As others have pointed out, this is false. Google has made their models and hardware more efficient, you can read the linked report. Most of the efficiency comes from quantization, MoE, new attention techniques, and distillation (making smaller models useable in place of bigger models)

▲

jjani 3 days ago | parent | next [-]

- The report doesn't name any Gemini models at all, only competitors'. Wonder why that is? If the models got so much more efficient, they'd be eager to show this.

- The report doesn't name any averages (means), only medians. Why oh why would they be doing this, when all other marketing pieces always use the average because outside of HN 99% of Joes on the street have no idea what a median is/how it differs from the mean? The average is much more relevant here when "measuring the environmental impact of AI inference".

- The report doesn't define what any of the terms "Gemini Apps", "the Gemini AI assistant" or "Gemini Apps text prompt" concretely mean

▲

jsnell 2 days ago | parent | next [-]

The report also doesn't define what the word "AI" means. What are they trying to hide?!
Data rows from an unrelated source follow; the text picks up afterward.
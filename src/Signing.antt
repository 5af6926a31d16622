-- ===== src/Signing.antt =====
-- The signatures of webhooks: `sign` and `verify_signature` of sdk/python/src/trellis/runs/webhooks.py,
-- with which the service signs and a receiver checks. A text is the list of its characters' code points.
-- The keyed digest (HMAC-SHA256 in hexadecimal) is given, as a function of the key and what is signed.
pub mod Numerals
pub mod Headers
pub mod RoundTrip
use agent_runs.Base.{
  ℕ, zero, suc, ◌+◌, ◌-◌, ◌*◌, ◌/◌, ◌%◌, String, Bool, true, false, not, ◌&&◌, ◌||◌, Option, none,
  some, List, [], ◌∷◌, ◌++◌, map, ltb, leb, ◌==◌, if◌then◌else◌,
}

abbrev pub Text : Type 0
Text = List ℕ

abbrev pub comma : ℕ
comma = 44

abbrev pub equals : ℕ
equals = 61

abbrev pub dot : ℕ
dot = 46

abbrev pub letter_t : ℕ
letter_t = 116

abbrev pub letter_v : ℕ
letter_v = 118

abbrev pub digit_one : ℕ
digit_one = 49

-- `TOLERANCE_SECONDS`
abbrev pub tolerance_seconds : ℕ
tolerance_seconds = 300

abbrev pub text_eq : Text → Text → Bool
text_eq [] [] = true
text_eq [] (b ∷ right) = false
text_eq (a ∷ left) [] = false
text_eq (a ∷ left) (b ∷ right) = a == b && text_eq left right

abbrev pub is_empty : {A : Type 0} → List A → Bool
is_empty [] = true
is_empty (x ∷ xs) = false

-- `str(n)`, onto the digits after it; a number has at most as many digits as the rounds given.
unfoldable pub print_digits : ℕ → ℕ → Text → Text
print_digits zero n later = later
print_digits (suc rounds) n later =
    let more = print_digits rounds (n / 10) ((48 + n % 10) ∷ later) in
    if n / 10 == 0 then (48 + n % 10) ∷ later else more

unfoldable pub print_number : ℕ → Text
unfolding print_digits
print_number n = print_digits (suc n) n []

-- `int(text)` of digits, behind the digits before them.
unfoldable pub read_digits : ℕ → Text → ℕ
read_digits before [] = before
read_digits before (c ∷ cs) = read_digits (before * 10 + (c - 48)) cs

abbrev pub is_digit : ℕ → Bool
is_digit c = leb 48 c && leb c 57

-- Every character passes.
abbrev pub all_pass : (ℕ → Bool) → Text → Bool
all_pass test [] = true
all_pass test (c ∷ cs) = test c && all_pass test cs

-- `text.isascii() and text.isdigit()`
unfoldable pub is_number : Text → Bool
is_number text = not (is_empty text) && all_pass is_digit text

-- The white space of `str.strip`.
unfoldable pub is_space : ℕ → Bool
is_space c =
    (leb 9 c && leb c 13)
    || ((leb 28 c && leb c 32)
        || (c == 133
            || (c == 160
                || (c == 5760
                    || ((leb 8192 c && leb c 8202)
                        || ((leb 8232 c && leb c 8233)
                            || (c == 8239 || (c == 8287 || c == 12288))))))))

unfoldable pub strip_left : Text → Text
unfolding is_space
strip_left [] = []
strip_left (c ∷ cs) = let rest = strip_left cs in if is_space c then rest else c ∷ cs

unfoldable pub strip_right : Text → Text
unfolding is_space
strip_right [] = []
strip_right (c ∷ cs) =
    let rest = strip_right cs in if is_space c && is_empty rest then [] else c ∷ rest

-- `str.strip`
unfoldable pub strip : Text → Text
unfolding strip_left strip_right
strip text = strip_right (strip_left text)

abbrev pub push : ℕ → List Text → List Text
push c [] = (c ∷ []) ∷ []
push c (part ∷ parts) = (c ∷ part) ∷ parts

-- `text.split(separator)`
unfoldable pub split_on : ℕ → Text → List Text
split_on separator [] = [] ∷ []
split_on separator (c ∷ cs) =
    let parts = split_on separator cs in if c == separator then [] ∷ parts else push c parts

abbrev pub joined_after : ℕ → List Text → Text
joined_after separator [] = []
joined_after separator (part ∷ parts) = separator ∷ (part ++ joined_after separator parts)

-- `separator.join(parts)`
unfoldable pub join_parts : ℕ → List Text → Text
join_parts separator [] = []
join_parts separator (part ∷ parts) = part ++ joined_after separator parts

-- What `partition` answers, the separator as whether it was found.
pub record Parted : Type 0 where
  pub before : Text
  pub found : Bool
  pub behind : Text

-- `text.partition(separator)` at a character.
unfoldable pub partition_at : ℕ → Text → Parted
partition_at separator [] = record { before = []; found = false; behind = [] }
partition_at separator (c ∷ cs) =
    let later = partition_at separator cs in
    if c == separator
    then record { before = []; found = true; behind = cs }
    else record later { before = c ∷ later.before }

-- What is left of a text behind a prefix, if it has it.
unfoldable pub without_prefix : Text → Text → Option Text
without_prefix [] text = some text
without_prefix (p ∷ ps) [] = none
without_prefix (p ∷ ps) (c ∷ cs) = let rest = without_prefix ps cs in if p == c then rest else none

-- `text.partition(part)[2]`: what stands behind the first place a part stands at.
unfoldable pub behind_part : Text → Text → Text
unfolding without_prefix
behind_part part [] = []
behind_part part (c ∷ cs) =
    let later = behind_part part cs in
    elim (without_prefix part (c ∷ cs)) [ none ↦ later | some rest ↦ rest ]

-- `f"{SIGNATURE_VERSION}={digest}"`
abbrev pub version_part : Text → Text
version_part digest = letter_v ∷ digit_one ∷ equals ∷ digest

-- The keys that sign.
abbrev pub keys_of : String → Option String → List String
keys_of secret none = secret ∷ []
keys_of secret (some previous) = secret ∷ previous ∷ []

-- What is signed: `f"{timestamp}.".encode() + body`.
unfoldable pub signed_text : ℕ → Text → Text
unfolding print_number
signed_text timestamp body = print_number timestamp ++ (dot ∷ body)

-- `sign`
unfoldable pub sign : (String → Text → Text) → String → ℕ → Text → Option String → Text
unfolding print_number signed_text join_parts
sign mac secret timestamp body previous = join_parts comma (
    (letter_t ∷ equals ∷ print_number timestamp)
    ∷ map (λ key. version_part (mac key (signed_text timestamp body))) (keys_of secret previous))

-- What the parts read so far say.
pub record Reading : Type 0 where
  pub stamp : Text
  pub digests : List Text

-- One part of a header.
unfoldable pub read_part : Reading → Text → Reading
unfolding strip partition_at
read_part reading part =
    let parted = partition_at equals part in
    let name = strip parted.before in
    let value = strip parted.behind in
    if parted.found && text_eq name (letter_t ∷ [])
    then record reading { stamp = value }
    else if parted.found && (text_eq name (letter_v ∷ digit_one ∷ []) && not (is_empty value))
    then record reading { digests = reading.digests ++ (value ∷ []) }
    else reading

unfoldable pub read_parts : Reading → List Text → Reading
unfolding read_part
read_parts reading [] = reading
read_parts reading (part ∷ parts) = read_parts (read_part reading part) parts

-- A header, or the empty text where there is none.
unfoldable pub read_header : Option Text → Reading
unfolding read_parts split_on
read_header header =
    read_parts (record { stamp = []; digests = [] })
      (split_on comma (elim header [ none ↦ [] | some text ↦ text ]))

-- `abs(a - b)`
abbrev pub gap : ℕ → ℕ → ℕ
gap a b = (a - b) + (b - a)

abbrev pub any_eq : Text → List Text → Bool
any_eq expected [] = false
any_eq expected (digest ∷ digests) = text_eq expected digest || any_eq expected digests

-- What a reading comes to at an instant: fresh, and signed with the secret.
unfoldable pub accepts : (String → Text → Text) → String → Text → ℕ → ℕ → Reading → Bool
unfolding is_number read_digits behind_part sign
accepts mac secret body now tolerance reading =
    if not (is_number reading.stamp) || is_empty reading.digests
    then false
    else let at = read_digits 0 reading.stamp in
      if ltb tolerance (gap now at)
      then false
      else any_eq (behind_part (comma ∷ version_part []) (sign mac secret at body none))
          reading.digests

-- `verify_signature`, the clock given.
unfoldable pub verify_signature :
    (String → Text → Text) → String → Option Text → Text → ℕ → ℕ → Bool
unfolding accepts read_header
verify_signature mac secret header body now tolerance =
    accepts mac secret body now tolerance (read_header header)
In reality, we know what Google means by the term "Gemini Apps", because it's a term they've had to define for e.g. their privacy policies[0].

> The Gemini web app available through gemini.google.com and browser sidebars

> The Gemini mobile apps, which include:

> The Gemini app, including as your mobile assistant, on Android. Note that Gemini is hosted by the Google app, even if you download the Gemini app.

> The Gemini app on iOS

> Gemini in the Google Messages app in specific locations

> The Gemini in Chrome feature. Learn more about availability.

That established definition does not include AI summaries (actually AI Overviews) on search like you very claimed. And it's something where Google probably is going to be careful -- the "Gemini Apps" name is awkward, but they need a name that distinguishes these use cases from other AI use cases with different data boundaries / policies / controls.

If the report was talking about "Gemini apps", your objection might make sense.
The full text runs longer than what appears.